La Caporetto della minoranza Pd
30/09/2014 di Marco Esposito
Con degli avversari così, vincerebbe quasi chiunque. E’ spianata la strada che trova davanti a sé Matteo Renzi alla direzione del Pd di lunedì. E’ un gioco per il segretario/premier ottenere quello che vuole: una rapida e imponente approvazione del documento sul Jobs Act.
Certamente si è lavorato per cercare una mediazione che tenesse tutti (o quasi) dentro, ma alla fine – anche grazie agli interventi di D’Alema, Bersani e Giachetti – il Pd non è rimasto compatto. E, certamente, dopo una discussione così intossicata dai risentimenti personali, sarebbe stato difficile rimanerlo.
La spaccatura interna, dicevamo. Poco male agli occhi del Premier. Sia perché per Matteo Renzi – a differenza dei suoi predecessori, da Veltroni a Bersani – un eventuale voto diverso dell’opposizione in direzione non è un dramma, sia perché la comunicazione renziana necessita di un contraltare, di un qualcosa cui contrapporsi.
E anche per questo che Matteo Renzi può sorridere a fine serata: con questi avversari la sua leadership ha poco da temere. Infatti, sia l’intervento di Massimo D’Alema, sia quello di Pier Luigi Bersani, più che politici erano interventi pieni di risentimento personale.

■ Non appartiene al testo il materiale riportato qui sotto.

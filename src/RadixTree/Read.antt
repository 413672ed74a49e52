-- ===== src/RadixTree/Read.antt =====
-- Reads of a radix tree, with their proofs (RadixTree.ts).
use carmentis_node.Base.{
  ℕ, zero, suc, ◌+◌, ◌-◌, ◌*◌, ◌/◌, Option, none, some, List, [], ◌∷◌, Bytes, ◌==◌, if◌then◌else◌,
  Result, ok, thrown, ◌>>=◌, get_or, drop,
}
use carmentis_node.Database.Stores.{Table, Database}
use carmentis_node.RadixTree.Nodes.{
  RadixSdk, some_nonzero, mask_of, nibble_at, has_bit, rest_length,
}

module _ (sdk : RadixSdk) (db : Database) (table : Table) where
  -- `getFromStorage`
  unfoldable pub get_from_storage : db.Store → Bytes → Result Bytes
  get_from_storage s hash = elim (db.get_raw s table hash) [
    | some value ↦ ok value
    | none ↦ if some_nonzero hash then thrown else ok sdk.root_anchoring_hash
  ]

  -- `getRootHash`
  abbrev pub get_root_hash : db.Store → Result Bytes
  get_root_hash s = get_from_storage s sdk.root_anchoring_hash

  -- `read`, with the number of nibbles below the depth; it gives the value and the proof.
  unfoldable pub read_value :
      ℕ → db.Store → Bytes → Option Bytes → Result (Option Bytes × List Bytes)
  read_value zero s key node_hash = ok (node_hash, [])
  read_value (suc below) s key none = thrown
  read_value (suc below) s key (some node_hash) =
      let depth = sdk.hash_size * 2 - suc below in
      get_from_storage s node_hash >>= λ node.
      let msk = mask_of node in
      let nibble = nibble_at key (depth / 2) depth in
      let child = read_value below s key (get_or (sdk.get_hash_list msk node) nibble none) in
      if msk == 0
      then (if sdk.key_difference depth key node
          then ok (none, node ∷ [])
          else ok (some (drop (2 + rest_length sdk depth) node), node ∷ []))
      else if has_bit msk nibble
      then (child >>= λ found. ok (found.0, node ∷ found.1))
      else ok (none, node ∷ [])

  -- `get`
  unfoldable pub get_pair : db.Store → Bytes → Result (Option Bytes × List Bytes)
  get_pair s key =
      get_root_hash s >>= λ root_hash. read_value (sdk.hash_size * 2) s key (some root_hash)
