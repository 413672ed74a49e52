-- ===== src/RadixTree/Write.antt =====
-- Writes to a radix tree (RadixTree.ts).
use carmentis_node.Base.{
  ℕ, zero, suc, ◌+◌, ◌-◌, ◌*◌, ◌/◌, ◌^◌, Option, none, some, List, Bytes, ◌==◌, if◌then◌else◌,
  get_or, set, take, replicate,
}
use carmentis_node.Base.Effects.{Action, pure, lift, read, modify, ◌>>◌, ◌>>=◌}
use carmentis_node.Database.Stores.{Table, Database}
use carmentis_node.RadixTree.Nodes.{
  RadixSdk, put_part, mask_of, nibble_at, with_bit, rest_length, standard_node, early_leaf,
  leaf_key, leaf_value,
}
use carmentis_node.RadixTree.Read.{get_from_storage, get_root_hash}

module _ (sdk : RadixSdk) (db : Database) (table : Table) where
  -- `setToStorage` and `removeFromStorage`
  abbrev pub set_to_storage : Bytes → Bytes → Action db.Store (Unit {0})
  set_to_storage hash value = modify (λ s. db.put_raw s table hash value)

  abbrev pub remove_from_storage : Bytes → Action db.Store (Unit {0})
  remove_from_storage hash = modify (λ s. db.del s table hash)

  -- `setRootHash`
  abbrev pub set_root_hash : Bytes → Action db.Store (Unit {0})
  set_root_hash root_hash = set_to_storage sdk.root_anchoring_hash root_hash

  -- A call of `write` one level down: key, value and hash of the node.
  abbrev pub Write : Type 0
  Write = Bytes → Bytes → Option Bytes → Action db.Store Bytes

  -- An early leaf with another key becomes a standard node with one child.
  unfoldable pub split_leaf : Write → ℕ → Bytes → Action db.Store (ℕ × List (Option Bytes))
  split_leaf write_below depth node = do
    let index = nibble_at node 2 depth
    prev_key ← lift (leaf_key sdk depth node)
    hash ← write_below prev_key (leaf_value sdk depth node) none
    pure (2 ^ index, set (replicate 16 none) index (some hash))

  -- The `update` of a standard node.
  unfoldable pub update_child :
      Write → ℕ → Bytes → Bytes → ℕ → List (Option Bytes) → Action db.Store Bytes
  update_child write_below depth key value msk hash_list = do
    let nibble = nibble_at key (depth / 2) depth
    hash ← write_below key value (get_or hash_list nibble none)
    lift (standard_node sdk (with_bit msk nibble) (set hash_list nibble (some hash)))

  -- The new bytes of a node that exists.
  unfoldable pub update_node : Write → ℕ → Bytes → Bytes → Bytes → Action db.Store Bytes
  update_node write_below depth key value node =
      let msk = mask_of node in
      if msk == 0
      then (if sdk.key_difference depth key node
          then (do
            (msk', hash_list) ← split_leaf write_below depth node
            update_child write_below depth key value msk' hash_list)
          else lift (put_part node (2 + rest_length sdk depth) value))
      else update_child write_below depth key value msk (sdk.get_hash_list msk node)

  -- The previous entry is removed, the new one is saved.
  unfoldable pub replace_node : Option Bytes → Bytes → Action db.Store Bytes
  replace_node none node = do
    let new_hash = take sdk.hash_size (sdk.sha256 node)
    set_to_storage new_hash node
    pure new_hash
  replace_node (some node_hash) node = do
    remove_from_storage node_hash
    let new_hash = take sdk.hash_size (sdk.sha256 node)
    set_to_storage new_hash node
    pure new_hash

  -- The new bytes of a node, which may not exist.
  unfoldable pub node_bytes : Write → ℕ → Bytes → Bytes → Option Bytes → Action db.Store Bytes
  node_bytes write_below depth key value none = lift (early_leaf sdk depth key value)
  node_bytes write_below depth key value (some hash) = do
    found ← read (λ s. get_from_storage sdk db table s hash)
    node ← lift found
    update_node write_below depth key value node

  -- `write`, with the number of nibbles below the depth
  unfoldable pub write : ℕ → Write
  write zero key value node_hash = pure value
  write (suc below) key value node_hash = do
    node ← node_bytes (write below) (sdk.hash_size * 2 - suc below) key value node_hash
    replace_node node_hash node

  -- `set`
  unfoldable pub set_pair : Bytes → Bytes → Action db.Store (Unit {0})
  set_pair key value = do
    found ← read (λ s. get_root_hash sdk db table s)
    root_hash ← lift found
    new_root_hash ← write (sdk.hash_size * 2) key value (some root_hash)
    set_root_hash new_root_hash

Soprattutto quello dell’ex Presidente del Consiglio è sembrato un intervento pieno di livore, enunciato più per cercare di gettare addosso a Renzi il suo sarcasmo che per mantenere fede ai propri principi. E sotto questo profilo, per esempio, la differenza con l’intervento di Gianni Cuperlo, più orgoglioso e politico, è stata piuttosto notevole.
Poi, al momento della conta, la perla finale: la scissione dell’atomo. La minoranza è riuscita a dividersi in mille rivoli, votandosi così alla più completa irrilevanza. Mentre i “giovani turchi” votavano, come d’abitudine ormai, con il Premier, Bersani, D’Attorre, D’Alema, Civati e i suoi votavano contro il documento presentato da Renzi, invece il capogruppo Roberto Speranza, bersaniano, preferiva la via dell’astensione.
Una minoranza, quella interna al PD, che sembra impotente non tanto e non solo per lo strapotere dei numeri del Premier, ma perchè sembra in qualche modo prigioniera della sconfitta personale dei suoi (ex) leader. Diciamoci la verità: ogni volta che D’Alema, Bindi o Bersani si scagliano contro Renzi, il segretario democratico vede aumentare i propri consensi. E’ ormai diventato impossibile riconoscere, o meglio tenere separate, le critiche politiche dell’ex gruppo dirigente democratico, dalla sete di rivincita.
Se la sinistra dem vorrà tornare a parlare in maniera costruttiva agli italiani, e a dare un contributo valido al proprio partito sarà costretta – per usare parole dello stesso Bersani – a far girare la ruota. Detto in parole povere: a trovare altri dirigenti.